Schließlich erkenne ich an Jürgens Blick, dass er nachgibt.
„Okay. Ich warte draußen. Aber ich tu das nicht für dich, sondern für die Kinder.“
Als er sich zum Gehen wendet, erinnert er mich an einen geschlagenen Hund. Er tut mir leid. Ich hatte nie gewollt, dass es so kommt.
Da dreht sich Jürgen auf einmal um. „Ich warte aber nur eine Minute. Dann fahre ich.“
Ich nicke. Doch das bekommt er schon nicht mehr mit, da er bereits die Haustür öffnet. Sofort weht eisige Kälte ins Zimmer. Ich schlinge die Arme um mich. Jetzt, wo ich die Situation entschärft und eine Eskalation vermieden habe, fällt mir auf, wie kalt mir eigentlich ist.
„Du frierst ja.“, stellt Michael besorgt fest. Seinen aufmerksamen Augen entgeht nichts. Vor allem wenn es um mich geht. Doch diesmal wickelt er mich mit seiner charmanten Art nicht um den Finger. Seine Worte hallen in meinen Gedanken nach: Du kannst ihr nicht das geben, was sie braucht. Sonst würde sie nicht zu mir kommen.
„Hol mir einfach meinen Mantel und meine Handtasche, okay?“, erwidere ich trocken. Während Michael zur Garderobe läuft, um meine Sachen zu holen, greife ich hastig nach meiner Jeans. Ich habe die Angewohnheit sie auszuziehen, wenn ich bei Michael bin. Zum einen ist das bequemer, wenn man auf dem Sofa sitzt. Zum anderen ist es durch den Kamin auch so schon warm genug.

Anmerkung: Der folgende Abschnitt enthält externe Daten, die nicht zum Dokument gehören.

-- ===== src/Ingest/Request.antt =====
-- apps/ingest/src/server.ts: what the handler of createIngestServer works on, and the checks of a
-- request that need neither its state nor its parameters.
use get_exception.Base.{
  Ident, ℕ, Bool, true, false, not, ◌&&◌, ◌||◌, ◌==◌, ltb, ◌===◌, list_eq, Eq, ◌≡◌, ◌↔◌, arith,
  ==_iff, Option, none, some, List, [], ◌∷◌, ◌++◌, length, filter, any, codes, if◌then◌else◌,
}
use get_exception.Protocol.Boundary.{Reason}
use get_exception.Ingest.Http.{
  Text, Header, Reply, header, respond, or_empty, is_key, auth_keys, lower_case, split, first_part,
  trim,
}

-- `installation`, `ip:…` and `project:…`.
pub data LimitKey : Type 0 where
  installation : LimitKey
  of_ip of_project : Ident → LimitKey

abbrev pub same_key : LimitKey → LimitKey → Bool
same_key installation installation = true
same_key installation (of_ip i) = false
same_key installation (of_project i) = false
same_key (of_ip i) installation = false
same_key (of_ip i) (of_ip j) = i == j
same_key (of_ip i) (of_project j) = false
same_key (of_project i) installation = false
same_key (of_project i) (of_ip j) = false
same_key (of_project i) (of_project j) = i == j

pub same_key_iff : (k l : LimitKey) → (same_key k l ≡ true) ↔ (k ≡ l)
same_key_iff installation installation = ground arith
same_key_iff installation (of_ip j) = ground arith
same_key_iff installation (of_project j) = ground arith
same_key_iff (of_ip i) installation = ground arith
same_key_iff (of_ip i) (of_ip j) = ground (arith, ==_iff i j)
same_key_iff (of_ip i) (of_project j) = ground arith
same_key_iff (of_project i) installation = ground arith
same_key_iff (of_project i) (of_ip j) = ground arith
same_key_iff (of_project i) (of_project j) = ground (arith, ==_iff i j)

instance abbrev pub limit_key_eq : Eq LimitKey
limit_key_eq = record { beq = same_key; beq_iff = same_key_iff }

pub record Request : Type 0 where
  pub url : Text
  pub method : Text
  pub remote_address : Option Text
  pub real_ip : Option Text
  pub forwarded_proto : Option Text
  pub origin : Option Text
  pub authorization : Option Text
  pub sentry_auth : Option Text
  pub content_type : Option Text
  pub content_encoding : Option Text
  pub content_length : ℕ
  pub requested_method : Option Text
  pub requested_headers : Option Text
  -- The names of the headers as they were sent.
  pub raw_names : List Text
  pub chunks : List (List ℕ)

-- A row of the view ingestion_config.
pub record Config : Type 0 where
  pub project_id : Text
  pub key_hash : Ident
  pub origin : Text
  pub allowed_tags : List Text

-- What sanitizeEvent gives or throws; `safe` says if the environment is development.
pub data Sanitized (Payload : Type 0) : Type 0 where
  safe : (development : Bool) (payload : Payload) → Sanitized Payload
  refused : Reason → Sanitized Payload
  malformed : Sanitized Payload

-- What the insert answers: the admission trigger can refuse a row.
pub data Insert : Type 0 where
  inserted over_capacity insert_failed : Insert

-- A part of the handler ends with a reply, or with what the next part needs.
pub data Turn (A : Type 0) : Type 0 where
  stop : Reply → Turn A
  go : A → Turn A

infixl 5 ◌>>=◌ ◌>>◌
abbrev pub ◌>>=◌ : {A B : Type 0} → Turn A → (A → Turn B) → Turn B
stop r >>= f = stop r
go a >>= f = f a

abbrev pub ◌>>◌ : {B : Type 0} → Turn (Unit {0}) → Turn B → Turn B
m >> k = m >>= λ _. k

-- `if (test) { return respond(res, status); }`
abbrev pub refuse_if : Bool → List Header → ℕ → Turn (Unit {0})
refuse_if true before status = stop (respond before status)
refuse_if false before status = go tt

abbrev pub single_headers : List Text
single_headers =
    codes "origin"
    ∷ codes "content-type"
    ∷ codes "content-encoding"
    ∷ codes "x-sentry-auth"
    ∷ codes "authorization"
    ∷ []

abbrev pub has_duplicate : Request → Bool
has_duplicate r =
    any (λ h. ltb 1 (length (filter (λ n. lower_case n === h) r.raw_names))) single_headers

abbrev pub or_unknown : Option Text → Text
or_unknown none = codes "unknown"
or_unknown (some t) = t

abbrev pub is_value : Text → Option Text → Bool
is_value t none = false
is_value t (some s) = s === t

abbrev pub some_first : List Text → Option Text
some_first [] = none
some_first (t ∷ ts) = some t

abbrev pub only_key : List Text → Turn (Option Text)
only_key [] = stop (respond [] 400)
only_key (k ∷ []) = go (some k)
only_key (k ∷ l ∷ ks) = stop (respond [] 400)

-- The key of the header x-sentry-auth, if it is there, or of the query.
abbrev pub named_key : List Text → Option Text → Turn (Option Text)
named_key query_keys none = go (some_first query_keys)
named_key query_keys (some auth) = only_key (auth_keys auth)

abbrev pub valid_key : Option Text → Turn Text
valid_key none = stop (respond [] 403)
valid_key (some k) = if is_key k then go k else stop (respond [] 403)

abbrev pub has_keys : List Text → Bool
has_keys [] = false
has_keys (k ∷ ks) = true

abbrev pub cors : Option Text → List Header
cors none = []
cors (some []) = []
cors (some (c ∷ t)) =
    record { name = codes "Access-Control-Allow-Origin"; value = c ∷ t }
    ∷ header "Vary" "Origin"
    ∷ header "Access-Control-Expose-Headers" "Retry-After, X-Sentry-Rate-Limits"
    ∷ []

abbrev pub preflight : List Header
preflight =
    header "Access-Control-Allow-Methods" "POST"
    ∷ header "Access-Control-Allow-Headers" "Content-Type, X-Sentry-Auth"
    ∷ []

abbrev pub is_allowed_header : Text → Bool
is_allowed_header h = h === codes "content-type" || h === codes "x-sentry-auth"

abbrev pub is_not_empty : Text → Bool
is_not_empty [] = false
is_not_empty (c ∷ t) = true

abbrev pub trimmed_parts : List Text → List Text
trimmed_parts [] = []
trimmed_parts (t ∷ ts) = trim t ∷ trimmed_parts ts

-- The headers that a preflight asks for.
unfoldable pub asked_headers : Option Text → List Text
asked_headers h = filter is_not_empty (trimmed_parts (split 44 (lower_case (or_empty h))))

abbrev pub is_envelope_type : Option Text → Bool
is_envelope_type h =
    let t = first_part (split 59 (or_empty h)) in
    t === codes "application/x-sentry-envelope"
    || t === codes "text/plain"
    || t === codes "application/octet-stream"

-- What the rest of the handler needs after `admit`: the project and the key.
pub record Ticket : Type 0 where
  pub project : Text
  pub key : Text

abbrev pub is_known_method : Text → Bool
is_known_method m = m === codes "POST" || m === codes "OPTIONS"

unfoldable pub preflight_reply : Request → List Header → Reply
unfolding asked_headers
preflight_reply r set =
    if not (is_value (codes "POST") r.requested_method)
    then respond set 400
    else if any (λ h. not (is_allowed_header h)) (asked_headers r.requested_headers)
    then respond set 400
    else respond (set ++ preflight) 200

abbrev pub lists_origin : Option Text → List Config → Bool
lists_origin o configs = any (λ c. is_value c.origin o) configs

abbrev pub is_config : (Text → Ident) → Ticket → Config → Bool
is_config hash t c = c.project_id === t.project && c.key_hash == hash t.key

Außerdem kann Michael dann meine Beine streicheln und es geht schneller, wenn wir übereinander herfallen…
Ich schlüpfe in meine Jeans und schließe den Reißverschluss, als er mir meinen Mantel hinhält. „Hier.“
„Danke.“ Ich vermeide den Augenkontakt mit ihm.
„Hey, es tut mir leid.“ Seine Stimme klingt versöhnlich.
Langsam hebe ich den Kopf. „Was tut dir leid?“
„Was ich vorhin gesagt habe. Du weißt, dass das nicht so gemeint war.“
„Ach ja?“ Ich blitze ihn wütend an. „Wen wolltest du damit eigentlich verletzen? Mich oder meinen Mann?“
Da legt Micha seine Hand auf meine Schulter. „Ich würde dich nie verletzen wollen. Ich war nur so sauer in dem Moment. Er taucht hier plötzlich auf und nennt dich ,Schlampe’...“
„Und du bist besser als er? Was sollte das mit dem ,sonst würde sie nicht zu mir kommen’?“
„Es tut mir leid, wirklich.“ Micha sieht mich niedergeschlagen an. „Ich liebe dich, Kate. Und ich hatte einfach das Gefühl, dass ich dich beschützen muss.
Niemand darf dich ,Schlampe’ nennen und schon gar nicht in meiner Wohnung.“
„Schon gut.“ Mein Ärger verfliegt. Ich greife nach Michas Hand „Ich habe Angst.“, flüstere ich.